++++ Available data ++++

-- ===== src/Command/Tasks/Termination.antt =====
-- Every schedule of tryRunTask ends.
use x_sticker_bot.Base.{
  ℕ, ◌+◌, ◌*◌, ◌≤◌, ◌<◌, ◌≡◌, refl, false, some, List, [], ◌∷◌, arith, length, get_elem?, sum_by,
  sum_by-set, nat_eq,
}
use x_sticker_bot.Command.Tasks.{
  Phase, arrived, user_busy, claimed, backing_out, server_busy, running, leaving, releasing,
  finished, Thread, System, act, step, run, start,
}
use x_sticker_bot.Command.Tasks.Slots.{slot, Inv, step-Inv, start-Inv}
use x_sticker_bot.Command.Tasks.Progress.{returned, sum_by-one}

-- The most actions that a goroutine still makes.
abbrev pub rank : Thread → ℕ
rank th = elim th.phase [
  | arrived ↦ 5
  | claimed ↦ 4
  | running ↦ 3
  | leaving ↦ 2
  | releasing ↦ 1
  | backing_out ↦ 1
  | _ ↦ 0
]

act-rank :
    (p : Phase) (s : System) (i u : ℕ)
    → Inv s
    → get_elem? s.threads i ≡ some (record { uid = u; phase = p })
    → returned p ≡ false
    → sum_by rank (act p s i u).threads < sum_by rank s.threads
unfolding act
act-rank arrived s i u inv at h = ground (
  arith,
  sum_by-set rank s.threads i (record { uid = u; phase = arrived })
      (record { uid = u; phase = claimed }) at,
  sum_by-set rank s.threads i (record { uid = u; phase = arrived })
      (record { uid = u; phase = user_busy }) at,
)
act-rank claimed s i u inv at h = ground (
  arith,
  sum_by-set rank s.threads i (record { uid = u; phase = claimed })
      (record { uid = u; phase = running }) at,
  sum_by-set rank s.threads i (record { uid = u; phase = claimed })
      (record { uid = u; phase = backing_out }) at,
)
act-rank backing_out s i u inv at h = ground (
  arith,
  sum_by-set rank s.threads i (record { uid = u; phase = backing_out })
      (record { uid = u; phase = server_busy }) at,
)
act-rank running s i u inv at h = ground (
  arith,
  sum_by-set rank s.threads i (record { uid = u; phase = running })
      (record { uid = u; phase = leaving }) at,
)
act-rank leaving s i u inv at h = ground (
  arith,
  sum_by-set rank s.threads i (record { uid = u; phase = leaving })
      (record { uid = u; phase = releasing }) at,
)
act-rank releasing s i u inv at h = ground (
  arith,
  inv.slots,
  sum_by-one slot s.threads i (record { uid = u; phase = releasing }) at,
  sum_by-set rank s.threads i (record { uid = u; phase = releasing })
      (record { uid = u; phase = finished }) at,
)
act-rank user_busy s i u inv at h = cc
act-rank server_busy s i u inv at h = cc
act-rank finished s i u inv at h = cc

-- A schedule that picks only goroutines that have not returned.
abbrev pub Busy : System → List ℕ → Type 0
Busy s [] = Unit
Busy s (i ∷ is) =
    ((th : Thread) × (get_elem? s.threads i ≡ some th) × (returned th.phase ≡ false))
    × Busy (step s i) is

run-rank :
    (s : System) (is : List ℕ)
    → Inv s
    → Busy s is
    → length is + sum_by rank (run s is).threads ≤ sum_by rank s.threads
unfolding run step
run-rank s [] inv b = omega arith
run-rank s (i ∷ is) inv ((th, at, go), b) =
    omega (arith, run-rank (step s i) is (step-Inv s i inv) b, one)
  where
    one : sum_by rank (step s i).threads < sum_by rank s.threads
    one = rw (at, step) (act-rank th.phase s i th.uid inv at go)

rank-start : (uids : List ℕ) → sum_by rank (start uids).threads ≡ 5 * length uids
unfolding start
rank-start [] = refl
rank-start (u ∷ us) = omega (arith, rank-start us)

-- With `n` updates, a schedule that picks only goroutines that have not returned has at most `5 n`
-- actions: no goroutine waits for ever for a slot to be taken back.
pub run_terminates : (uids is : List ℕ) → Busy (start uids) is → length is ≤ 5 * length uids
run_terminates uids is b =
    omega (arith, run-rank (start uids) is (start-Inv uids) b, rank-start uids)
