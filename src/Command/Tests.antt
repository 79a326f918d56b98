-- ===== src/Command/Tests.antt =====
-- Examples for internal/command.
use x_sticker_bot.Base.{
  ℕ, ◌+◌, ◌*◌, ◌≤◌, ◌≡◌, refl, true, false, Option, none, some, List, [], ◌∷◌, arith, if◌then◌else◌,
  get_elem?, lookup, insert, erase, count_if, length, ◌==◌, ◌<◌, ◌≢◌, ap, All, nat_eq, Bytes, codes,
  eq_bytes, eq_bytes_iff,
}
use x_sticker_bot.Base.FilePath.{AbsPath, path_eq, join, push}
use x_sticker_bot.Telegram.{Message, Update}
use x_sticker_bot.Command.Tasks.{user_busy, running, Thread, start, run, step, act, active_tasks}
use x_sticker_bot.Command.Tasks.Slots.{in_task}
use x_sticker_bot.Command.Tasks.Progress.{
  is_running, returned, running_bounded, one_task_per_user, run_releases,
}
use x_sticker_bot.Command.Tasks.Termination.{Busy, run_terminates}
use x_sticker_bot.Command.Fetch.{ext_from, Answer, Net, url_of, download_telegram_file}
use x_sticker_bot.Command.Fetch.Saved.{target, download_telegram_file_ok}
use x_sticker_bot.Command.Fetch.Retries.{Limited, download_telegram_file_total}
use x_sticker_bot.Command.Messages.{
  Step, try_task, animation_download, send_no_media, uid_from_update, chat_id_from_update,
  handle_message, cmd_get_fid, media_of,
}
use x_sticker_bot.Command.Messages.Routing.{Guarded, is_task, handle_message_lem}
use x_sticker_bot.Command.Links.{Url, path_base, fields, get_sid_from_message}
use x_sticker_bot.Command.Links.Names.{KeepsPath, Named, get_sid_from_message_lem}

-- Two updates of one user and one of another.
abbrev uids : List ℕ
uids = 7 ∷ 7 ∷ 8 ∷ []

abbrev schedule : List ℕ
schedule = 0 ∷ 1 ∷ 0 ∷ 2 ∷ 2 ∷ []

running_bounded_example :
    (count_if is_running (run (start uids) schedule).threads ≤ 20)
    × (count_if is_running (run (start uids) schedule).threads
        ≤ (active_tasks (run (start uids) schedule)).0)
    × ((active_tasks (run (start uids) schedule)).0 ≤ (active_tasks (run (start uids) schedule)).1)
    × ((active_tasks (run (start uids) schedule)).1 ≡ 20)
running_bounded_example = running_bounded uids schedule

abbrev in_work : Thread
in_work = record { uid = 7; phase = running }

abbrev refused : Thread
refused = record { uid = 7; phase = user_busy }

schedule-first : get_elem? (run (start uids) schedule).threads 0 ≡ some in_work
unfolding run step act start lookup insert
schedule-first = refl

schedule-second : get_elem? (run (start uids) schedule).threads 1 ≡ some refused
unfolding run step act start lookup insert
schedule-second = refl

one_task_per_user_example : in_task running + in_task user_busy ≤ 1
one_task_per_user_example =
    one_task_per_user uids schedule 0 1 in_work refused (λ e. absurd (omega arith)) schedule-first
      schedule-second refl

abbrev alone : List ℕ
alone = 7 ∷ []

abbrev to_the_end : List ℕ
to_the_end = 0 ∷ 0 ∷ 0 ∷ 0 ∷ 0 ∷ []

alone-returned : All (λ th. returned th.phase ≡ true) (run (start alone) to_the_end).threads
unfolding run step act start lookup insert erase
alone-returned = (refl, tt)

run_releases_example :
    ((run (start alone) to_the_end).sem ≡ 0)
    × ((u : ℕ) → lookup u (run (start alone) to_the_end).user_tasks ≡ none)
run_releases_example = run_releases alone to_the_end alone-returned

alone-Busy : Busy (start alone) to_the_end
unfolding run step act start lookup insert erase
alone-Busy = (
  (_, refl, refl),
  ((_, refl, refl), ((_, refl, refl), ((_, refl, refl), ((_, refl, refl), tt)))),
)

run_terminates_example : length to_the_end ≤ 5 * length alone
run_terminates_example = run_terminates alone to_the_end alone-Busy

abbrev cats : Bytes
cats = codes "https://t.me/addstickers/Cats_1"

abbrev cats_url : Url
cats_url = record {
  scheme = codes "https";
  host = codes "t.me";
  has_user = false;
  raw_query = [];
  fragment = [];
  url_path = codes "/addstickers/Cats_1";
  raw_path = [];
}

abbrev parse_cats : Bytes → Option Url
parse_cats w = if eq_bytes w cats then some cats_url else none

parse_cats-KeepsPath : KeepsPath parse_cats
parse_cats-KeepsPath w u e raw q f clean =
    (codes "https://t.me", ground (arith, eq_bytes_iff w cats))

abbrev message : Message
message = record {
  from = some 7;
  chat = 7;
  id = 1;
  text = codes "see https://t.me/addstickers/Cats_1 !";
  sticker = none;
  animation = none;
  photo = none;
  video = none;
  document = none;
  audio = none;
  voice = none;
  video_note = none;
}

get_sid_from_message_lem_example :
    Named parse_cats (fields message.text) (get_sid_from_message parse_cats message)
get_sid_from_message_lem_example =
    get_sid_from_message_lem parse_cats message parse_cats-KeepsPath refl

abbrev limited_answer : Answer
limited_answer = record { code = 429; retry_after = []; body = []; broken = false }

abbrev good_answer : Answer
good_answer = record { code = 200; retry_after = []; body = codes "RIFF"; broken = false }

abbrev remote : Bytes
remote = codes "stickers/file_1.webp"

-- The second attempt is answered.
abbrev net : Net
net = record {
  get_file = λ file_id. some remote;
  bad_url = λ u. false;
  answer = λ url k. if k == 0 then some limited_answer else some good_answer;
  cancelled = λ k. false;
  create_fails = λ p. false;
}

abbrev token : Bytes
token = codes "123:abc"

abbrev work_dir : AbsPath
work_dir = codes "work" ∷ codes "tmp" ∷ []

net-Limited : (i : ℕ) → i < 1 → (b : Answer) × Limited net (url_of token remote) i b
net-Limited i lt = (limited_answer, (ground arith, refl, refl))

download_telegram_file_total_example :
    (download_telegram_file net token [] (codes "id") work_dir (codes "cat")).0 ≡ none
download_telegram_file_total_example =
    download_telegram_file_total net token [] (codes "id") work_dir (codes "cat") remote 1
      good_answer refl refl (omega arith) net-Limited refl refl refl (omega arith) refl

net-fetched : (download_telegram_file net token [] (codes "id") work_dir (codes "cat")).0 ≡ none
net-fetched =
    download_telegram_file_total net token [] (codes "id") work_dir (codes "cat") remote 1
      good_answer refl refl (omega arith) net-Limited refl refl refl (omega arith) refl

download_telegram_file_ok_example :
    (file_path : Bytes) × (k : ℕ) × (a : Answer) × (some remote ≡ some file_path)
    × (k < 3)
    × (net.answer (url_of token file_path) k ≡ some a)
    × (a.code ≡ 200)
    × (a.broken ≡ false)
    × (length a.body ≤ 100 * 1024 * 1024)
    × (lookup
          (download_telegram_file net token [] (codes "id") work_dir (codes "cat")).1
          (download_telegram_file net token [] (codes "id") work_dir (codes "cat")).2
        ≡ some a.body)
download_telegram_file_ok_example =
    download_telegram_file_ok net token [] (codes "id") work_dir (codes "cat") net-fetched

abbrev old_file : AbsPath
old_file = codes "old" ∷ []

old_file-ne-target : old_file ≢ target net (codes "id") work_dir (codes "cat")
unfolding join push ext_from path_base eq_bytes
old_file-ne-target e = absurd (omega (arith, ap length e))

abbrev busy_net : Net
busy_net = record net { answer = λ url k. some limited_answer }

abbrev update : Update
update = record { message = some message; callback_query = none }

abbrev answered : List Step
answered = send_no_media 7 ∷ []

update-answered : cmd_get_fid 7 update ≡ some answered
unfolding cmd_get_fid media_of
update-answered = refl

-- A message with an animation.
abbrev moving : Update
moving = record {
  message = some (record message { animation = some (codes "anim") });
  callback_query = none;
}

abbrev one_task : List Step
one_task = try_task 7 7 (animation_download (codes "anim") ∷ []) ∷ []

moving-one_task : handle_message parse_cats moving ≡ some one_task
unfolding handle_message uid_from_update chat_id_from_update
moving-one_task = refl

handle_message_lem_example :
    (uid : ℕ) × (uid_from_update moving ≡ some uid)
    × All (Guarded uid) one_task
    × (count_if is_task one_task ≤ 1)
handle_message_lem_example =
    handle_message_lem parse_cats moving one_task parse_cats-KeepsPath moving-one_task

++++

[To do]
A word-for-word copy of the lines above from the one with "remote = codes" through the one with "cancelled = λ k. false;", inclusive, is the only output wanted.

[Answer box]
remote = codes "stickers/file_1.webp"

-- The second attempt is answered.
abbrev net : Net
net = record {
  get_file = λ file_id. some remote;
  bad_url = λ u. false;
  answer = λ url k. if k == 0 then some limited_answer else some good_answer;
  cancelled = λ k. false;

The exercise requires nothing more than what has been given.